Requirement: Please print, word for word, every line from the one that contains "then record d" through the last line of the records, and nothing else.

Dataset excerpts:
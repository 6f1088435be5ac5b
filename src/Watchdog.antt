-- ===== src/Watchdog.antt =====
-- src/main.py: one cycle of the watchdog that `build_watchdog` makes, with all its collaborators.
mod Data
pub mod Safety
pub mod Raising
pub mod Held
pub mod Retry
pub mod Announce
pub mod Topics
pub mod Snapshot
unfoldable pub use Data.*
use teslamate_watchdog.Shared.{
  ℕ, suc, String, Bool, true, false, not, ◌&&◌, Option, none, some, List, [], ◌∷◌, ◌++◌, str_eq,
  is_true, or_default, if◌then◌else◌,
}
use teslamate_watchdog.Shared.Text.{fstring, str}
use teslamate_watchdog.Python.{Python}
use teslamate_watchdog.Config.{Config}
use teslamate_watchdog.HttpCheck.{HttpCategory, Got, check}
use teslamate_watchdog.StateMachine
use teslamate_watchdog.StateMachine.{
  State, starting, healthy, database_unhealthy, LogSignals, Observation, Transition, new_machine,
}
use teslamate_watchdog.StateMachine.States.{
  value, is, is_in, restart_allowed_for_state, restart_needs_tesla_auth, failure_states,
  auth_states,
}
use teslamate_watchdog.RestartManager
use teslamate_watchdog.RestartManager.{Manager, Decision, restarts_in_24h, last_restart_iso}
use teslamate_watchdog.DockerClient.{Proxy, status}
use teslamate_watchdog.DockerClient.Database.{check_database, tcp_probe}
use teslamate_watchdog.DockerClient.Logs.{logs}
use teslamate_watchdog.MqttClient.{Mqtt, LoggerHealth, logger_health, publish_state}
use teslamate_watchdog.LogClassifier.{Classifier, is_empty, classify, signals}
use teslamate_watchdog.Events.{Event, Failure}
use teslamate_watchdog.Recovery
use teslamate_watchdog.Recovery.{World, Outside, status_value, publish, active, capture, begin}

-- `_database_healthy_streak`, after a verdict
abbrev pub next_streak : Option Bool → ℕ → ℕ
next_streak verdict streak = if is_true verdict then suc streak else 0

-- `search` is the configured pattern of the sign-in path, compiled; `k` the classifier of log lines.
module _ (py : Python) (search : String → Bool) (k : Classifier) (c : Config) where
  -- the log signals of `_observe`
  unfoldable pub log_signals : Cycle → Option LogSignals
  log_signals env =
      let text =
        logs py.decode env.logs_proxy env.logs_at c.teslamate_container
          c.log_analysis_lookback_seconds in
      if is_empty k
      then none
      else if str_eq text ""
      then none
      else some (signals k (classify py.words py.lines k text))

  -- `_observe`
  unfoldable pub observe : Cycle → Watchdog → Watchdog × Observation
  unfolding log_signals
  observe env d =
      let http =
        check py.lower py.decode search c.signin_body_markers env.elapsed_ms env.checked_at
          env.http in
      let (mqtt, logger) = logger_health py.lower c env.read_at d.mqtt in
      let st = status env.status_proxy c.teslamate_container in
      let database = check_database c env.database_proxy env.database_connection in
      (
        record d {
          mqtt = mqtt;
          database_healthy_streak = next_streak database.healthy d.database_healthy_streak;
        },
        record {
          http = http;
          logger_healthy = logger.healthy;
          logger_stale = logger.stale;
          logger_detail = logger.detail;
          database_healthy = database.healthy;
          teslamate_container_running = if st.exists then st.running else none;
          log_signals = log_signals env;
        },
      )

  -- the probe of Tesla's host in `_consider_recovery`
  unfoldable pub probe_auth : Cycle → State → Option Bool
  probe_auth env s =
      if is_in s restart_needs_tesla_auth
      then some (tcp_probe c.tesla_auth_host c.tesla_auth_port env.auth_connection).0
      else none

  -- `self._restarts.evaluate(…)` in `_consider_recovery`
  unfoldable pub decide : Cycle → State → ℕ → Manager → Decision
  unfolding probe_auth
  decide env s streak m =
      RestartManager.evaluate c s streak (probe_auth env s) env.outside.times.guard m

  -- `_consider_recovery`
  unfoldable pub consider_recovery : Cycle → State → String → Observation → ℕ → World → World × Bool
  consider_recovery env s reason o streak w =
      let captured = capture py c env.outside s reason o w in
      if not (restart_allowed_for_state s)
      then (captured, false)
      else if not (decide env s streak w.restarts).allowed
      then (captured, false)
      else begin py c env.outside s reason captured

  -- the event for the human, if there is one, at the end of `_on_transition`
  unfoldable pub announce : State → Bool → Failure → World → World
  announce s restarting base w =
      if is_in s auth_states && not restarting
      then publish (Event.authentication_required base auth_action_message c.teslamate_url) w
      else if is s database_unhealthy
      then publish
          (Event.database_unhealthy base
            "Check the TeslaMate PostgreSQL container. The watchdog never restarts the database.")
          w
      else w

  -- `_on_transition`
  unfoldable pub on_transition : Cycle → Transition → Observation → Watchdog → Watchdog
  unfolding announce
  on_transition env t o d =
      let base : Failure = record {
        state = t.current;
        previous_state = t.previous;
        reason = t.reason;
        observation = o;
      } in
      let (w, restarting) =
        consider_recovery env t.current t.reason o d.database_healthy_streak
          (publish (Event.failure_detected base) d.world) in
      if not (is_in t.current failure_states)
      then d
      else record d { last_failure = env.failure_iso; world = announce t.current restarting base w }

  -- what `_publish_status` reports on the session
  unfoldable pub session : HttpCategory → Option Bool
  session HttpCategory.authenticated = some true
  session HttpCategory.logged_out = some false
  session _ = none

  unfoldable pub status_values : Cycle → Observation → Watchdog → List (String × String)
  unfolding session tristate
  status_values env o d =
      ("state", value d.world.machine.state)
      ∷ ("healthy", (if is d.world.machine.state healthy then "true" else "false"))
      ∷ ("http_status", elim o.http.status_code [ none ↦ "unknown" | some n ↦ str n ])
      ∷ ("authenticated", tristate (session o.http.category))
      ∷ ("database_healthy", tristate o.database_healthy)
      ∷ ("logger_healthy", tristate o.logger_healthy)
      ∷ ("last_check", env.check_iso)
      ∷ ("last_failure", (if str_eq d.last_failure "" then payload_unset else d.last_failure))
      ∷ ("last_restart", or_default (last_restart_iso py.isoformat d.world.restarts) payload_unset)
      ∷ ("restart_count_24h", str (restarts_in_24h env.outside.times.counted d.world.restarts))
      ∷ ("recovery_status", status_value d.world.status)
      ∷ []

  unfoldable pub publish_all : List (String × String) → Mqtt → Mqtt
  publish_all [] m = m
  publish_all ((suffix, payload) ∷ rest) m = publish_all rest (publish_state c suffix payload m)

  -- `_publish_status`
  unfoldable pub publish_status : Cycle → Observation → Watchdog → Watchdog
  unfolding status_values publish_all
  publish_status env o d = record d { mqtt = publish_all (status_values env o d) d.mqtt }

  -- The middle of `check_once`: recovery has the observation, or else the state machine.
  unfoldable pub react : Cycle → Observation → Watchdog → Watchdog
  react env o d =
      let (machine, transition) = StateMachine.step c o d.world.machine in
      let stepped = record d { world = record d.world { machine = machine } } in
      if active d.world
      then record d { world = Recovery.step py c env.outside o d.world }
      else elim transition [ none ↦ stepped | some t ↦ on_transition env t o stepped ]

  -- `check_once`
  unfoldable pub check_once : Cycle → Watchdog → Watchdog
  check_once env d = let (seen, o) = observe env d in publish_status env o (react env o seen)

  -- The cycles of `run`, the latest first.
  unfoldable pub run : Watchdog → List Cycle → Watchdog
  run d [] = d
  run d (env ∷ past) = check_once env (run d past)

-- The watchdog that `build_watchdog` makes, on the history that its manager has loaded and the MQTT
-- client that it is given.
unfoldable pub build_watchdog : Manager → Mqtt → Watchdog
build_watchdog restarts mqtt = record {
  world = record {
    machine = new_machine starting;
    restarts = restarts;
    progress = none;
    status = Recovery.idle;
    events = [];
    bundles = [];
    posted = [];
  };
  mqtt = mqtt;
  last_failure = "";
  database_healthy_streak = 0;
}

Written answer:
      then record d { world = Recovery.step py c env.outside o d.world }
      else elim transition [ none ↦ stepped | some t ↦ on_transition env t o stepped ]

  -- `check_once`
  unfoldable pub check_once : Cycle → Watchdog → Watchdog
  check_once env d = let (seen, o) = observe env d in publish_status env o (react env o seen)

  -- The cycles of `run`, the latest first.
  unfoldable pub run : Watchdog → List Cycle → Watchdog
  run d [] = d
  run d (env ∷ past) = check_once env (run d past)

-- The watchdog that `build_watchdog` makes, on the history that its manager has loaded and the MQTT
-- client that it is given.
unfoldable pub build_watchdog : Manager → Mqtt → Watchdog
build_watchdog restarts mqtt = record {
  world = record {
    machine = new_machine starting;
    restarts = restarts;
    progress = none;
    status = Recovery.idle;
    events = [];
    bundles = [];
    posted = [];
  };
  mqtt = mqtt;
  last_failure = "";
  database_healthy_streak = 0;
}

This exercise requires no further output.